YOUR OBJECTIVE: Print each line once more, unchanged, from the line holding "mv) (reach-Open r)" to the end of the listing below.

GIVEN DATA:
--- START ---

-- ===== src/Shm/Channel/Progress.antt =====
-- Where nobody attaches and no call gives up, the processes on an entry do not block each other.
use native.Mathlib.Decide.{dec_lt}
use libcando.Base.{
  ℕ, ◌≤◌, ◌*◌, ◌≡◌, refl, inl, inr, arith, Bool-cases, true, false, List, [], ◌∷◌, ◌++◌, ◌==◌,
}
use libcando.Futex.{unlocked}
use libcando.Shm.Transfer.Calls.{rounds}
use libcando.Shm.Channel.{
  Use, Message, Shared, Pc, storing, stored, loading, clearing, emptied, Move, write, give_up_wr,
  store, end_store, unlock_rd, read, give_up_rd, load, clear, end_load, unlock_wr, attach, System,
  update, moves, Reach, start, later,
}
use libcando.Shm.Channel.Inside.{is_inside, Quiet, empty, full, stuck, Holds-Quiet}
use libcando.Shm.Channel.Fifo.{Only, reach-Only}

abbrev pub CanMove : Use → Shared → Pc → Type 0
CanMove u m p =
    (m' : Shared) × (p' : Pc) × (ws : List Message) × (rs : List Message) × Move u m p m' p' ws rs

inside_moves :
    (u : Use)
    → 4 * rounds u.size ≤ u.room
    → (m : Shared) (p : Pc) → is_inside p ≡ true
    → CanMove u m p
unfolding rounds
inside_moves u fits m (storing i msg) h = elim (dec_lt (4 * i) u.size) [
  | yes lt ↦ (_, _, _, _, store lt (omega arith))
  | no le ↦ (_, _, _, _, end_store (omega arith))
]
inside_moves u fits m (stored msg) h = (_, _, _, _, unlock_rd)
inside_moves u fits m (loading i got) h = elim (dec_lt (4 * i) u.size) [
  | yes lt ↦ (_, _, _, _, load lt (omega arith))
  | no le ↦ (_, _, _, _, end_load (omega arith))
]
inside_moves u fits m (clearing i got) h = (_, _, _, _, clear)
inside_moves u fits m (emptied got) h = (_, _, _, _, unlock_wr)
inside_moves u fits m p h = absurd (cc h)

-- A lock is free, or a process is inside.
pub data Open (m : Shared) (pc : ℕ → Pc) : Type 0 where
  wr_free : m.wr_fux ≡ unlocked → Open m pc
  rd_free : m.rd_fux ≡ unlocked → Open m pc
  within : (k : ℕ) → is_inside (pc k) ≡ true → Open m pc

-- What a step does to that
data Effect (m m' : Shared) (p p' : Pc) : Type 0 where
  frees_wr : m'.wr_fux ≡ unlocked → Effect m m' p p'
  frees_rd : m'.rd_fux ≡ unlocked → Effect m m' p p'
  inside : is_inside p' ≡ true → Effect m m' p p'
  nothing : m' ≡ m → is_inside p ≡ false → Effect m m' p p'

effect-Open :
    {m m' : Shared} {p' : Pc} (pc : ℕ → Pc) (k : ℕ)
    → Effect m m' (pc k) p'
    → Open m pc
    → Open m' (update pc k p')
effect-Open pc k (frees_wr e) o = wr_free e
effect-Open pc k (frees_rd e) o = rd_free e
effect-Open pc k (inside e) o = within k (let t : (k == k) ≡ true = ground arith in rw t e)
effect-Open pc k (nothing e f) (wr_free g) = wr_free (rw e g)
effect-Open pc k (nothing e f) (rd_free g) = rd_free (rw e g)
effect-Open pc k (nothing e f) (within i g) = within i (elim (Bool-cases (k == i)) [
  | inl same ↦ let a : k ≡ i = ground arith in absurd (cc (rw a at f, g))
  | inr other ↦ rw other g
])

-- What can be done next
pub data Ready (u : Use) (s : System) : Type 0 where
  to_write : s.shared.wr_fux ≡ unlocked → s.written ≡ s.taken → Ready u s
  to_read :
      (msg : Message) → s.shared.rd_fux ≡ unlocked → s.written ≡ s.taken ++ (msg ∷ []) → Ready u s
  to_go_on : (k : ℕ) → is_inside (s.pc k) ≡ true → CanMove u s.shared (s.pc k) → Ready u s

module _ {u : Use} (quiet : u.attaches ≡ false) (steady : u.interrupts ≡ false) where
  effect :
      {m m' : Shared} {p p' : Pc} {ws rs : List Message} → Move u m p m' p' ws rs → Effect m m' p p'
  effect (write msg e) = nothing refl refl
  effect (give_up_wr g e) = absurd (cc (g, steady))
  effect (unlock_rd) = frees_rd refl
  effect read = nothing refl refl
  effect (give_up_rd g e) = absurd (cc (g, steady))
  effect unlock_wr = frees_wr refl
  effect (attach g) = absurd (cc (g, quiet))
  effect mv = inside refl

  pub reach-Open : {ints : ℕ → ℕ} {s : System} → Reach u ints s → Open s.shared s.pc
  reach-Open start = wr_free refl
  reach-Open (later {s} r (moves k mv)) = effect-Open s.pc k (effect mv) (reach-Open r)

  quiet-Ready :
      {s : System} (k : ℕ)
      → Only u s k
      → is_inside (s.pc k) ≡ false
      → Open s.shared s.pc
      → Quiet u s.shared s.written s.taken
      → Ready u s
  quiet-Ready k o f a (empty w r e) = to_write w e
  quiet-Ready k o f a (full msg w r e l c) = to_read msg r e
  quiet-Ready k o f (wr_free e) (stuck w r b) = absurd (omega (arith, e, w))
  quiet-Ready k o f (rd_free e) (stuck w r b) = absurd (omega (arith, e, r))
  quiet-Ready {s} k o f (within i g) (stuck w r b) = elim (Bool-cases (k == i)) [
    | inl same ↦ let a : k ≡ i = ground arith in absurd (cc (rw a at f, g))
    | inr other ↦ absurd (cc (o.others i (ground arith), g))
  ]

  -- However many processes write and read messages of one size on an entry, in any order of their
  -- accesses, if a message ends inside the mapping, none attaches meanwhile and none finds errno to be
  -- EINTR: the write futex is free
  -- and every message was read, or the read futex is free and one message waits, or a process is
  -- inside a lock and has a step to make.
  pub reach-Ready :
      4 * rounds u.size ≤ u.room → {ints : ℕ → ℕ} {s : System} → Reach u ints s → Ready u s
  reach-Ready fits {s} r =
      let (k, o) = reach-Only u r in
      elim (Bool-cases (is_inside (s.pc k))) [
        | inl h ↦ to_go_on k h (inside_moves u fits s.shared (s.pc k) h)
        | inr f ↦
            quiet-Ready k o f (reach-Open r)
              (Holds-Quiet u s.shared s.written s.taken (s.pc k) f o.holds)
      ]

--- END ---

RESPONSE FOR THIS EXERCISE:
  reach-Open (later {s} r (moves k mv)) = effect-Open s.pc k (effect mv) (reach-Open r)

  quiet-Ready :
      {s : System} (k : ℕ)
      → Only u s k
      → is_inside (s.pc k) ≡ false
      → Open s.shared s.pc
      → Quiet u s.shared s.written s.taken
      → Ready u s
  quiet-Ready k o f a (empty w r e) = to_write w e
  quiet-Ready k o f a (full msg w r e l c) = to_read msg r e
  quiet-Ready k o f (wr_free e) (stuck w r b) = absurd (omega (arith, e, w))
  quiet-Ready k o f (rd_free e) (stuck w r b) = absurd (omega (arith, e, r))
  quiet-Ready {s} k o f (within i g) (stuck w r b) = elim (Bool-cases (k == i)) [
    | inl same ↦ let a : k ≡ i = ground arith in absurd (cc (rw a at f, g))
    | inr other ↦ absurd (cc (o.others i (ground arith), g))
  ]

  -- However many processes write and read messages of one size on an entry, in any order of their
  -- accesses, if a message ends inside the mapping, none attaches meanwhile and none finds errno to be
  -- EINTR: the write futex is free
  -- and every message was read, or the read futex is free and one message waits, or a process is
  -- inside a lock and has a step to make.
  pub reach-Ready :
      4 * rounds u.size ≤ u.room → {ints : ℕ → ℕ} {s : System} → Reach u ints s → Ready u s
  reach-Ready fits {s} r =
      let (k, o) = reach-Only u r in
      elim (Bool-cases (is_inside (s.pc k))) [
        | inl h ↦ to_go_on k h (inside_moves u fits s.shared (s.pc k) h)
        | inr f ↦
            quiet-Ready k o f (reach-Open r)
              (Holds-Quiet u s.shared s.written s.taken (s.pc k) f o.holds)
      ]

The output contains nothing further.